Sie haben gestritten, sich vertragen, sich wieder gestritten. Sie haben einen sehr unterschiedlichen Blick auf die Welt. Jetzt schreiben sie sich E-Mails – der Sohn an den Vater, der Vater an den Sohn. In unserer zehnteiligen Kolumne "Apfel an Stamm".

Vater, ich habe Angst.

In 30 Jahren werde ich ein wenig älter sein als Du jetzt, und Du wirst dich deinem 83. Lebensjahr nähern. Dreiundachtzig. Und damit geht es ja schon los, weil ich, während ich so einen Satz hinschreibe, ihm ein stilles "hoffentlich" hinterherdenke, denken muss, andernfalls würde es ja bedeuten, dass Du – richtig. Beziehungsweise, nein: falsch, ganz falsch.

Ich habe Angst, dass Du alt wirst.

Meine Angst ist nicht bedeutsam, nicht ungewöhnlich, nicht einzigartig. Jedes Kind, egal wie alt, kennt diese Angst. Wenn es darum geht, dass die Eltern altern, fallen wir Kinder in die uns zugedachten Rollen zurück. Aber Du bist ein Sonderfall. Bist nicht wie die anderen Väter, die irgendwann Plauze kriegen und Platte auf dem Kopf, die in Katalogen nach dem neuen Weber-Grill suchen, sonntags Autofelgen polieren und Dinge sagen wie: Fünf Sterne, all inclusive, klar, war ein bisschen teuer, aber dafür muss man sich in der Anlage um nichts kümmern!

Bei Dir ist das Problem ein anderes: Dein Alter ist und war bis jetzt immer nur eine abstrakte Größe, jedenfalls für mich. War eine Kerze mehr auf dem Kuchen, ein weiteres Grillen im Garten im April, mein Geschenk für Dich vielleicht Tickets für ein Leonard-Cohen-Konzert. Mehr nicht. Du hast ein paar Falten bekommen und einen graueren Kopf, aber sonst hat sich nicht viel verändert, die alte Erich-Kästner-Weisheit. Du bist fit. Du machst Sport. Du siehst gut aus. Du klopfst Sprüche. Du feierst. Du glühst.

Verstehst Du, Vater? Du bist gealtert, ohne zu altern.

Es gibt bis jetzt nichts, was mich auf einen greisen, gebrechlichen Vater vorbereiten würde. Du bist kein Mann, der sich pflegen lässt. Oder eine Windel trägt. Zu Dir passt kein Rollator. Wenn ich mir, das ist eine große Anstrengung, Dich in alt vorstelle, dann sehe ich so eine Richard-Branson-Figur vor mir tänzeln. Braungebrannt, das Hemd bis zum dritten Knopf offen, breites Grinsen, ein Lebemannleben. Alles andere scheint unvorstellbar.

Ich habe Angst vor dem Tag, an dem sich das ändert, an dem sich Deine Gebrechen mehren. Der Treppenlift eingebaut wird.

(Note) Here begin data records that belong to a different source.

-- ===== src/Cli/Failures.antt =====
-- bin/tracey_mctraceface_main.cpp: `decode_perf_data` where the output cannot be opened.
use tracey_mctraceface.Base.{◌≡◌, refl, ap, Bool, true, false, List, [], ◌∷◌, Bytes, map}
use tracey_mctraceface.Base.Int.{is_positive}
use tracey_mctraceface.Base.Outcome.{throws}
use tracey_mctraceface.Filter.{Config}
use tracey_mctraceface.Process.{Call, waitpid, is_null, subprocess_destroy}
use tracey_mctraceface.Process.Lines.{from_pipe}
use tracey_mctraceface.Cli.{Effect, writes, asks_script, starts, System}
use tracey_mctraceface.Cli.Does.{
  View, shown, Does, Does-get, Does-perform, Does-log_debug, Does-bind, Fails, Fails-get,
  Fails-bind, Fails-first,
}
use tracey_mctraceface.Cli.Decode.{start_script, opened, decode_perf_data}
use tracey_mctraceface.Cli.Stopping.{positive-nonnegative}
use tracey_mctraceface.Cli.Traces.{Prints, spawn-Prints, script_args-filled}

abbrev ending_in : Effect → List Effect
ending_in (writes path chunks) = writes path chunks ∷ []
ending_in (asks_script call) = asks_script call ∷ []
ending_in _ = []

-- The traces that are written, and what is asked about perf script.
abbrev pub ending : View Effect
ending = record { select = ending_in; says_nothing = λ line. refl }

start_script-ending :
    (sys : System) (args : List Bytes) (bytes : Bytes)
    → is_null args ≡ false
    → Prints (System.script sys) bytes
    → Does ending (start_script sys args) (from_pipe (System.script sys).forked bytes) []
unfolding start_script
start_script-ending sys args bytes some_args h =
    let a = System.script sys in
    rw (spawn-Prints args a bytes some_args h, h.pipes, positive-nonnegative a.forked h.forks)
      (Does-bind ending _ [] [] (Does-perform ending (starts args ∷ []) [] (unfold shown in refl))
        (Does-get ending (from_pipe a.forked bytes)))

shown-scripts : (calls : List Call) → shown ending (map asks_script calls) ≡ map asks_script calls
unfolding shown
shown-scripts [] = refl
shown-scripts (call ∷ calls) = ap (◌∷◌ (asks_script call)) (shown-scripts calls)

destroy-child :
    (sys : System) (bytes : Bytes)
    → is_positive (System.script sys).forked ≡ true
    → subprocess_destroy (System.script_ends sys) (from_pipe (System.script sys).forked bytes)
      ≡ waitpid (System.script sys).forked (System.script_ends sys) ∷ []
unfolding subprocess_destroy
destroy-child sys bytes h = rw h refl

opened-Fails :
    (sys : System) (bytes e : Bytes)
    → is_positive (System.script sys).forked ≡ true
    → Fails ending
        (opened sys (from_pipe (System.script sys).forked bytes) (throws e))
        e
        (asks_script (waitpid (System.script sys).forked (System.script_ends sys)) ∷ [])
opened-Fails sys bytes e h =
    let call = waitpid (System.script sys).forked (System.script_ends sys) in
    rw (destroy-child sys bytes h) (
      Fails-bind ending _ (asks_script call ∷ []) []
        (Does-perform ending (asks_script call ∷ []) (asks_script call ∷ [])
          (shown-scripts (call ∷ [])))
        (Fails-get ending e))

-- Where the output cannot be opened once perf script has been started, `decode_perf_data` throws what
-- the sink has thrown, has written no trace, and has waited for perf script, once.
pub decode_perf_data-Fails :
    (sys : System) (working_dir output : Bytes) (sampling : Bool) (config : Config)
    (bytes e : Bytes)
    → Prints (System.script sys) bytes
    → System.opens sys output ≡ throws e
    → Fails ending
        (decode_perf_data sys working_dir output sampling config)
        e
        (asks_script (waitpid (System.script sys).forked (System.script_ends sys)) ∷ [])
unfolding decode_perf_data
decode_perf_data-Fails sys working_dir output sampling config bytes e h o =
    let calls = asks_script (waitpid (System.script sys).forked (System.script_ends sys)) ∷ [] in
    rw o (
      Fails-bind ending _ [] calls (Does-log_debug ending _) (
        Fails-bind ending _ [] calls (start_script-ending sys _ bytes (script_args-filled _ _ _) h)
          (Fails-first ending _ calls (opened-Fails sys bytes e h.forks))))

Angst, dass mir Deine junge Frau eines morgens aus dem Telefon entgegenweint: Moritz, er ist gestürzt. Es sieht nicht gut aus.

Angst, dass Du doch kein Richard Branson wirst.

Moritz Herrmann, Jahrgang 1987, aus Hamburg. Freier Reporter für DIE ZEIT, "Neon", "Dummy", "11Freunde" und andere. Herrmann schreibt Reportagen und Porträts, aber auch ausgesprochen gern über sich selbst. © privat

Das Problem in 30 Jahren wird nicht sein, dass Du Dir nicht helfen lassen willst. Das Problem wird sein, dass ich nicht weiß, wie ich Dir helfen soll. Weil ich nicht weiß, wie das überhaupt geht: Dir helfen. Ich habe das nicht gelernt, ich musste ja nie.

Nun darf ich einen großen Luxus natürlich nicht verschweigen: Du bist sehr jung Vater geworden und auch deshalb noch immer nicht alt. Ich habe gute Freunde, die suchen ihren Eltern schon Heimplätze und Pflegekräfte. Wir beide waren neulich wieder auf St. Pauli feiern. Das ist ein Unterschied. Du kannst nicht aus dem Leben tröpfeln, intubiert, bettlägerig, mit Katheter. Vater, habe ich mehr Angst, dass Du alt wirst, als Du selbst?

Vielleicht kommt es ja ganz anders. Vielleicht wirst du 107 und ich 83. Dann wären wir gemeinsam alt. Du hast nicht allzu viel dafür getan, gerade deshalb wäre es Dir zuzutrauen. Auch den Sensemann nochmal verarschen, warum denn nicht? Vielleicht sterbe ich sogar vor Dir, Vater. Ich könnte damit leben.